**TASK INPUTS**:
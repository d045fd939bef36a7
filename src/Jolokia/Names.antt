-- ===== src/Jolokia/Names.antt =====
-- What `clean_up` of src/diamond/collectors/jolokia/jolokia.py leaves of a name.
use fullerite.Base.{
  ◌≡◌, refl, ap, ◌∙◌, Bool, true, false, ◌&&◌, not, ◌==◌, Bool-cases, inl, inr, [], ◌∷◌, arith,
}
use fullerite.Base.Text.{Str}
use fullerite.Jolokia.{is_bracket, is_point, is_plain, is_bad, remove, collapse, clean}

-- A name that has only letters, digits and `_`, `.`, `+`, `-`, with no two dots in a row. The
-- Boolean says whether a dot stands in front.
abbrev pub Clean : Bool → Str → Type 0
Clean dot [] = Unit
Clean dot (c ∷ s) = (is_plain c ≡ true) × ((dot && (c == b'.')) ≡ false) × Clean (c == b'.') s

-- Points only as single dots.
abbrev Single : Bool → Str → Type 0
Single dot [] = Unit
Single dot (c ∷ s) =
    ((is_point c && not (c == b'.')) ≡ false)
    × ((dot && (c == b'.')) ≡ false)
    × Single (c == b'.') s

collapse-Single : (inside : Bool) (s : Str) → Single inside (collapse is_point b'.' inside s)
collapse-Single inside [] = tt
collapse-Single inside (c ∷ s) = ground (arith, collapse-Single (is_point c) s)

Single-weaken : (dot : Bool) (s : Str) → Single dot s → Single false s
Single-weaken dot [] h = tt
Single-weaken dot (c ∷ s) h = ground arith

collapse-Clean :
    (dot inside : Bool) (s : Str)
    → (dot && inside) ≡ false
    → Single dot s
    → Clean dot (collapse is_bad b'_' inside s)
collapse-Clean dot inside [] n h = tt
collapse-Clean dot inside (c ∷ s) n h = elim (Bool-cases (is_plain c)) [
  | inl plain ↦ ground (arith, collapse-Clean (c == b'.') false s)
  | inr bad ↦
      let no_dot : (c == b'.') ≡ false = ground arith in ground (arith, collapse-Clean false true s)
]

remove-Clean : (dot : Bool) (s : Str) → Clean dot s → remove is_bracket s ≡ s
remove-Clean dot [] h = refl
remove-Clean dot (c ∷ s) h = ground (arith, remove-Clean (c == b'.') s)

points-Clean : (dot : Bool) (s : Str) → Clean dot s → collapse is_point b'.' dot s ≡ s
points-Clean dot [] h = refl
points-Clean dot (c ∷ s) h = ground (arith, points-Clean (c == b'.') s)

bad-Clean : (dot inside : Bool) (s : Str) → Clean dot s → collapse is_bad b'_' inside s ≡ s
bad-Clean dot inside [] h = refl
bad-Clean dot inside (c ∷ s) h = ground (arith, bad-Clean (c == b'.') (is_bad c) s)

clean-Clean : (s : Str) → Clean false (clean s)
unfolding clean
clean-Clean s =
    collapse-Clean false false (collapse is_point b'.' false (remove is_bracket s)) refl
      (collapse-Single false (remove is_bracket s))

-- Without configured rewrites, what `clean_up` returns has only letters, digits, underscores,
-- dots, pluses and dashes, and no two dots in a row, and cleaning it again changes nothing.
pub clean-clean : (s : Str) → Clean false (clean s) × (clean (clean s) ≡ clean s)
unfolding clean
clean-clean s =
    let h = clean-Clean s in
    let t = clean s in
    (
      h,
      ap (λ (u : Str). collapse is_bad b'_' false (collapse is_point b'.' false u))
            (remove-Clean false t h)
          ∙ ap (collapse is_bad b'_' false) (points-Clean false t h)
          ∙ bad-Clean false false t h,
    )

**WORK TASK**: Each line holding "Base" should be copied from the material above.

**ANSWER FOR THIS EXERCISE**:
use fullerite.Base.{
use fullerite.Base.Text.{Str}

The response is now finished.